> Task details
Scan the records for the word "their". Copy each line that includes it.

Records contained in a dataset
══════════════════════════════

-- ===== src/Fs/Recovery/Crash.antt =====
-- A crash during the commit of kern/log.c, and the recovery after it.
use wei_os.Fs.Recovery.Writes.{
  run_writes-append, take_all, logged_disk_lem, recover_from_log_lem, logged_disk-Logged,
  Logged-other, Logged, has-take, has-apart, run_writes-home_writes, take-home_writes, IsCommit,
  logged_disk,
}
use wei_os.Common.{
  refl, inr, ◌∙◌, inl, ◌≢◌, leb, ◌++◌, Bool-cases, ap, arith, ◌∷◌, [], ◌≡◌, ◌+◌, ◌⊎◌, ◌<◌, length,
  ◌≤◌, has, take,
}
use wei_os.Fs.Recovery.{
  log_writes, write_log_blk, home_writes, recover_from_log, header_block, run_writes, Disk, install,
}
use wei_os.Fs.{if◌then◌else◌, List, ℕ, Block}

-- The disk when a crash keeps only `k` writes of those that follow the header.
abbrev pub crashed : ℕ → ℕ → List ℕ → (ℕ → Block) → Disk → Disk
crashed k start nos cached d =
    run_writes (take k (install start nos cached (header_block nos (d start))))
      (logged_disk start nos cached d)

-- The state of all blocks outside of the log once the transaction is complete.
abbrev pub committed_block : List ℕ → (ℕ → Block) → Disk → ℕ → Block
committed_block nos cached d j = if has j nos then cached j else d j

crash_in_homes :
    (k start : ℕ) (nos : List ℕ) (cached : ℕ → Block) (d : Disk) (j : ℕ)
    → IsCommit start nos
    → k ≤ length nos
    → (j < start) ⊎ (start + length nos < j)
    → recover_from_log start (crashed k start nos cached d) j ≡ committed_block nos cached d j
unfolding install
crash_in_homes k start nos cached d j c h out =
    let header = header_block nos (d start) in
    let d1 = logged_disk start nos cached d in
    let d2 = run_writes (home_writes (take k nos) cached) d1 in
    let writes = take-home_writes k nos cached ((start, header_block [] header) ∷ []) h in
    let value = λ (i : ℕ). run_writes-home_writes (take k nos) cached d1 i in
    let in_log : (i : ℕ) → (i < start) ⊎ (start + length nos < i) ⊎ (d2 i ≡ d1 i) = λ i.
      let v = value i in
      let a = has-apart start (length nos) i nos c.elsewhere in
      let t = has-take k i nos in ground arith in
    let here = in_log start in
    let header_kept : d2 start ≡ header = ground arith in
    let log_kept : Logged start 0 nos cached d2 =
      Logged-other start 0 (length nos) nos cached d1 d2 (omega arith)
        (λ i. let q = in_log i in ground arith) (logged_disk-Logged start nos cached d) in
    let after =
      recover_from_log_lem start nos cached (d start) d2 j c.small c.words header_kept log_kept
        (λ e. ground arith) in
    let before = logged_disk_lem start nos cached d j out in
    let v = value j in
    let t = has-take k j nos in
    let all = ap (λ ws. recover_from_log start (run_writes ws d1) j) writes in ground arith

crash_at_end :
    (k start : ℕ) (nos : List ℕ) (cached : ℕ → Block) (d : Disk) (j : ℕ)
    → length nos < k
    → (j < start) ⊎ (start + length nos < j)
    → recover_from_log start (crashed k start nos cached d) j ≡ committed_block nos cached d j
unfolding install
crash_at_end k start nos cached d j h out =
    let header = header_block nos (d start) in
    let d1 = logged_disk start nos cached d in
    let writes = take_all k nos cached (start, header_block [] header) h in
    let d2 = run_writes (home_writes nos cached ++ ((start, header_block [] header) ∷ [])) d1 in
    let split =
      run_writes-append (home_writes nos cached) ((start, header_block [] header) ∷ []) d1 in
    let cleared : d2 start ≡ header_block [] header =
      ap (λ (e : Disk). e start) split ∙ ground arith in
    let after =
      recover_from_log_lem start [] cached header d2 j (omega arith) refl cleared refl
        (λ e. ground arith) in
    let same : d2 j ≡ run_writes (home_writes nos cached) d1 j =
      ap (λ (e : Disk). e j) split ∙ ground arith in
    let homes = run_writes-home_writes nos cached d1 j in
    let before = logged_disk_lem start nos cached d j out in
    let all = ap (λ ws. recover_from_log start (run_writes ws d1) j) writes in ground arith

-- Once the commit of kern/log.c has written its header, a crash after any number of its further
-- writes loses nothing: recovery gives every logged block its new content and leaves every other
-- block outside of the log as it was before the commit.
pub crashed-recover_from_log :
    (k start : ℕ) (nos : List ℕ) (cached : ℕ → Block) (d : Disk) (j : ℕ)
    → IsCommit start nos
    → (j < start) ⊎ (start + length nos < j)
    → recover_from_log start (crashed k start nos cached d) j ≡ committed_block nos cached d j
crashed-recover_from_log k start nos cached d j c out = elim (Bool-cases (leb k (length nos))) [
  | inl early ↦ crash_in_homes k start nos cached d j c (ground arith) out
  | inr late ↦ crash_at_end k start nos cached d j (ground arith) out
]

-- A crash after `m` of the writes that `write_log_blk` makes before the header leaves a part of the
-- transaction behind, although the log on the disk is empty: after recovery the first `m` of the
-- logged blocks have their new content and all other blocks but the log's header their old one.
pub write_log_blk-recover_from_log :
    (m start : ℕ) (nos : List ℕ) (cached : ℕ → Block) (old : Block) (d : Disk) (j : ℕ)
    → IsCommit start nos
    → d start ≡ header_block [] old
    → m ≤ length nos
    → j ≢ start
    → recover_from_log start (run_writes (take m (write_log_blk start nos cached)) d) j
      ≡ (if has j (take m nos) then cached j else d j)
unfolding write_log_blk
write_log_blk-recover_from_log m start nos cached old d j c empty h other =
    let d' = run_writes (home_writes (take m nos) cached) d in
    let writes = take-home_writes m nos cached (log_writes start 0 nos cached) h in
    let first = run_writes-home_writes (take m nos) cached d start in
    let inside = has-take m start nos in
    let outside = has-apart start (length nos) start nos c.elsewhere in
    let still : d' start ≡ header_block [] old = ground arith in
    let after = recover_from_log_lem start [] cached old d' j (omega arith) refl still refl other in
    let value = run_writes-home_writes (take m nos) cached d j in
    let all = ap (λ ws. recover_from_log start (run_writes ws d) j) writes in ground arith
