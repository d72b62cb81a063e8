-- ===== src/Fs/Recovery/Order.antt =====
-- Recovery of a logged transaction whose blocks go home in any order.
use wei_os.Fs.Recovery.Writes.{recover_from_log_lem, Logged-other, has-apart, Logged, IsCommit}
use wei_os.Fs.Recovery.{Disk, run_writes, header_block, recover_from_log}
use wei_os.Fs.{Block, update}
use wei_os.Common.{
  sym, ap, arith, ◌≢◌, ◌∙◌, if◌then◌else◌, ◌==◌, length, Bool-cases, ◌+◌, inr, ◌<◌, inl, [], true,
  ◌⊎◌, has, ◌≡◌, ◌∷◌, ℕ, List, refl,
}

-- Each write is the home write of a logged block.
abbrev pub AreHome : List ℕ → (ℕ → Block) → List (ℕ × Block) → Type 0
AreHome nos cached [] = Unit
AreHome nos cached (w ∷ ws) = (has w.0 nos ≡ true) × (w.1 ≡ cached w.0) × AreHome nos cached ws

-- Home writes change logged blocks only, and give them their new content.
run_writes-AreHome :
    (ws : List (ℕ × Block)) (nos : List ℕ) (cached : ℕ → Block) (d : Disk) (j : ℕ)
    → AreHome nos cached ws
    → (run_writes ws d j ≡ d j) ⊎ ((has j nos ≡ true) × (run_writes ws d j ≡ cached j))
run_writes-AreHome [] nos cached d j h = inl refl
run_writes-AreHome ((n, c) ∷ ws) nos cached d j (inside, new, h) =
    elim (run_writes-AreHome ws nos cached (update d n c) j h) [
      | inr later ↦ inr later
      | inl kept ↦ elim (Bool-cases (n == j)) [
        | inr other ↦ inl (kept ∙ rw other refl)
        | inl same ↦
            let is : n ≡ j = ground arith in
            inr (ap (λ i. has i nos) (sym is) ∙ inside, kept ∙ rw same (new ∙ ap cached is))
      ]
    ]

-- A disk holds the header of a transaction and the new content of its blocks in the log area, and in
-- their home places anything. A crash after any of the home writes, in any order and as often as there
-- are, loses nothing: recovery gives every logged block its new content and leaves every other block
-- outside of the log. Once all blocks are home and the header is cleared, recovery changes no block
-- outside of the header.
pub run_writes-recover_from_log :
    (start : ℕ) (nos : List ℕ) (cached : ℕ → Block) (old : Block) (ws : List (ℕ × Block)) (d : Disk)
    → IsCommit start nos
    → d start ≡ header_block nos old
    → Logged start 0 nos cached d
    → AreHome nos cached ws
    → ((j : ℕ)
        → (j < start) ⊎ (start + length nos < j)
        → recover_from_log start (run_writes ws d) j ≡ (if has j nos then cached j else d j))
      × ((j : ℕ)
          → j ≢ start
          → recover_from_log start (update (run_writes ws d) start (header_block [] (d start))) j
            ≡ run_writes ws d j)
run_writes-recover_from_log start nos cached old ws d c header logged homes =
    let d' = run_writes ws d in
    let value = λ (i : ℕ). run_writes-AreHome ws nos cached d i homes in
    let log_kept : (i : ℕ) → (i < start) ⊎ (start + length nos < i) ⊎ (d' i ≡ d i) =
      λ i. ground (arith, value i, has-apart start (length nos) i nos c.elsewhere) in
    let header_kept : d' start ≡ d start = ground (arith, log_kept start) in
    let logged' : Logged start 0 nos cached d' =
      Logged-other start 0 (length nos) nos cached d d' (omega arith)
        (λ i. ground (arith, log_kept i)) logged in
    (
      (λ j out.
          let after =
            recover_from_log_lem start nos cached old d' j c.small c.words (header_kept ∙ header)
              logged' (λ e. ground arith) in
          ground (arith, after, value j)),
      (λ j other.
          let d'' = update d' start (header_block [] (d start)) in
          let cleared : d'' start ≡ header_block [] (d start) = ground arith in
          let kept : d'' j ≡ d' j = ground arith in
          recover_from_log_lem start [] cached (d start) d'' j (omega arith) refl cleared refl other
          ∙ kept),
    )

══════════════════════════════

> Exercise answer
-- logged blocks have their new content and all other blocks but the log's header their old one.
-- Home writes change logged blocks only, and give them their new content.
-- their home places anything. A crash after any of the home writes, in any order and as often as there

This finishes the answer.